> RECORDS TO USE:
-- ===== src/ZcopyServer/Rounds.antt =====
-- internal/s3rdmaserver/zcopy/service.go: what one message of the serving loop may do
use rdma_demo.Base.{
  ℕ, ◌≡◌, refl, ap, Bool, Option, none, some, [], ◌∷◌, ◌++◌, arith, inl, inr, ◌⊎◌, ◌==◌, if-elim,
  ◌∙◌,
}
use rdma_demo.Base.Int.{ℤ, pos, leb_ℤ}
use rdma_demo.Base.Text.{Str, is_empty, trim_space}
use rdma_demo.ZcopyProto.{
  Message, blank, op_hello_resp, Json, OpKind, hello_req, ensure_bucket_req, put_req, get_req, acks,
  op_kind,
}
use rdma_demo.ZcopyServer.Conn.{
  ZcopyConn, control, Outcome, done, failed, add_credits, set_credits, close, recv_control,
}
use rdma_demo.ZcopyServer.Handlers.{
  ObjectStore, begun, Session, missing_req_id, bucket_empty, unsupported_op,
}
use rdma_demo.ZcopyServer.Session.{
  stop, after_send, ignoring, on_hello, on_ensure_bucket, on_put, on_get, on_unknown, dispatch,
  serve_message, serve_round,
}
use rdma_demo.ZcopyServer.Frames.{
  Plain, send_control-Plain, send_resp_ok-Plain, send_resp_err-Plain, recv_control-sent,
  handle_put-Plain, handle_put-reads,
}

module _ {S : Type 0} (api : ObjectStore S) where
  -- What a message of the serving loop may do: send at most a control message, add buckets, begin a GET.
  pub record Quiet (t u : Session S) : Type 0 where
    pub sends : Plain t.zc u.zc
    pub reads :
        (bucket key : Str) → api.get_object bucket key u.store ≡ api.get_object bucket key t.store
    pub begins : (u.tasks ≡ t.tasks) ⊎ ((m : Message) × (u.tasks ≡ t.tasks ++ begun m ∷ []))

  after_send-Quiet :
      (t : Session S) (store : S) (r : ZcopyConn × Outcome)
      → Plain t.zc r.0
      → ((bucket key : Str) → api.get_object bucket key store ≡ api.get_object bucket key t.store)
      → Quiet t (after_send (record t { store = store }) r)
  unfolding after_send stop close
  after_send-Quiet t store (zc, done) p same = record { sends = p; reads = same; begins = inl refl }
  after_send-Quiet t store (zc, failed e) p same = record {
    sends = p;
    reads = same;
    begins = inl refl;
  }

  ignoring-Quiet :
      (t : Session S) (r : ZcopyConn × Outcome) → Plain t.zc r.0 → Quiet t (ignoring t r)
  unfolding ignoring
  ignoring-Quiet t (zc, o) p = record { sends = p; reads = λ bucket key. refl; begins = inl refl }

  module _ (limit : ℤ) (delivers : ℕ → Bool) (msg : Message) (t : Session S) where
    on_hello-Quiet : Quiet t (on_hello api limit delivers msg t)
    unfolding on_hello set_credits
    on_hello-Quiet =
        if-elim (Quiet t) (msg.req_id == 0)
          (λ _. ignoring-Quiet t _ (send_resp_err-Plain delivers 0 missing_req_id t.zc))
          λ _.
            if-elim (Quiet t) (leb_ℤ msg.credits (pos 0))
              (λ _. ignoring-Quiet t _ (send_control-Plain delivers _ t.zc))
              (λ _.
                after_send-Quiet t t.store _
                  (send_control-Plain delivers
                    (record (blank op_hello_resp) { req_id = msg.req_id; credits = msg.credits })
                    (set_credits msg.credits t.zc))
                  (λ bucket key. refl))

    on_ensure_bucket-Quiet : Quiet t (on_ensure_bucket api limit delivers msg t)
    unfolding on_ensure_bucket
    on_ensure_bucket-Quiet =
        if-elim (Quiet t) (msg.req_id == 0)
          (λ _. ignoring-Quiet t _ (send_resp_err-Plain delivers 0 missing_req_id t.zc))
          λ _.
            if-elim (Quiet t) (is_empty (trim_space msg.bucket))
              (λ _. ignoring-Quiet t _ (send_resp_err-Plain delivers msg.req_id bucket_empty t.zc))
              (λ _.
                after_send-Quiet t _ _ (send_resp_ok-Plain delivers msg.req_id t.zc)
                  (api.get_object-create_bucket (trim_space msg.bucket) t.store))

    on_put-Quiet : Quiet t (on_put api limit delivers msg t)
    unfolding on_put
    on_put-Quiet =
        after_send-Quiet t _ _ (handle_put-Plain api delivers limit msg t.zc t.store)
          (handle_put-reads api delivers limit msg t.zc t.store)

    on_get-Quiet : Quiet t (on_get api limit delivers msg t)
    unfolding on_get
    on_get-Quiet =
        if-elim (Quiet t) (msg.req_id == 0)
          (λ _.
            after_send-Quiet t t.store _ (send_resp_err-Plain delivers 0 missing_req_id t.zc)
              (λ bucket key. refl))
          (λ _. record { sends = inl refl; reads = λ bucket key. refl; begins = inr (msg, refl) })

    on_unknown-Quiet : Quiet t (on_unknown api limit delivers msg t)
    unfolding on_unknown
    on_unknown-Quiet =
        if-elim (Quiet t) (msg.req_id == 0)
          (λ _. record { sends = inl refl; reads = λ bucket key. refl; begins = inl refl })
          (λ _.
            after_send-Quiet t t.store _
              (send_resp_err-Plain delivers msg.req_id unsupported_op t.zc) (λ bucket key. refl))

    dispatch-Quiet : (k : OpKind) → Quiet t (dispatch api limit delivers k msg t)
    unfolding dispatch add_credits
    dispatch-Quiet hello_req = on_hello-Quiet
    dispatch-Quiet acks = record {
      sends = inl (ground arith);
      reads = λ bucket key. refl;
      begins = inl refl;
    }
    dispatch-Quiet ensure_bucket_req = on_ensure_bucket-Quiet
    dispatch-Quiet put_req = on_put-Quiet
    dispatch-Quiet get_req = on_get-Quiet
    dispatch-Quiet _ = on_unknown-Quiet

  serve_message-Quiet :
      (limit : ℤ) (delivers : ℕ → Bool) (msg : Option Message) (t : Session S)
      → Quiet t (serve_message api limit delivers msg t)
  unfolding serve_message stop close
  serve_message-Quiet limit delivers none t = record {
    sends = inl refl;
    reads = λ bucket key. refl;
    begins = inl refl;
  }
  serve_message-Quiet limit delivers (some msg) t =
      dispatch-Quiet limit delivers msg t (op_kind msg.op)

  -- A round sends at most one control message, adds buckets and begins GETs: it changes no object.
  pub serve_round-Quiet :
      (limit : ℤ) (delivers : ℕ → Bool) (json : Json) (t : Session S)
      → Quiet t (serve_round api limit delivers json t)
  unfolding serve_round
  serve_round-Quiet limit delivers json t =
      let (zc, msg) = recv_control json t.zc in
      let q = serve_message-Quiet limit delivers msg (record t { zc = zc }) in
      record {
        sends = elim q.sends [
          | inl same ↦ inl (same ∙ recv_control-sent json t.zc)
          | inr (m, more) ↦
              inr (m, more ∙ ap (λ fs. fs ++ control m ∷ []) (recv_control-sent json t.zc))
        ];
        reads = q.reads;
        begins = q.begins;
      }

> WORK TASK: Search the entries for "module" and show every line that has it.

> SOLUTION BELOW:
module _ {S : Type 0} (api : ObjectStore S) where
  module _ (limit : ℤ) (delivers : ℕ → Bool) (msg : Message) (t : Session S) where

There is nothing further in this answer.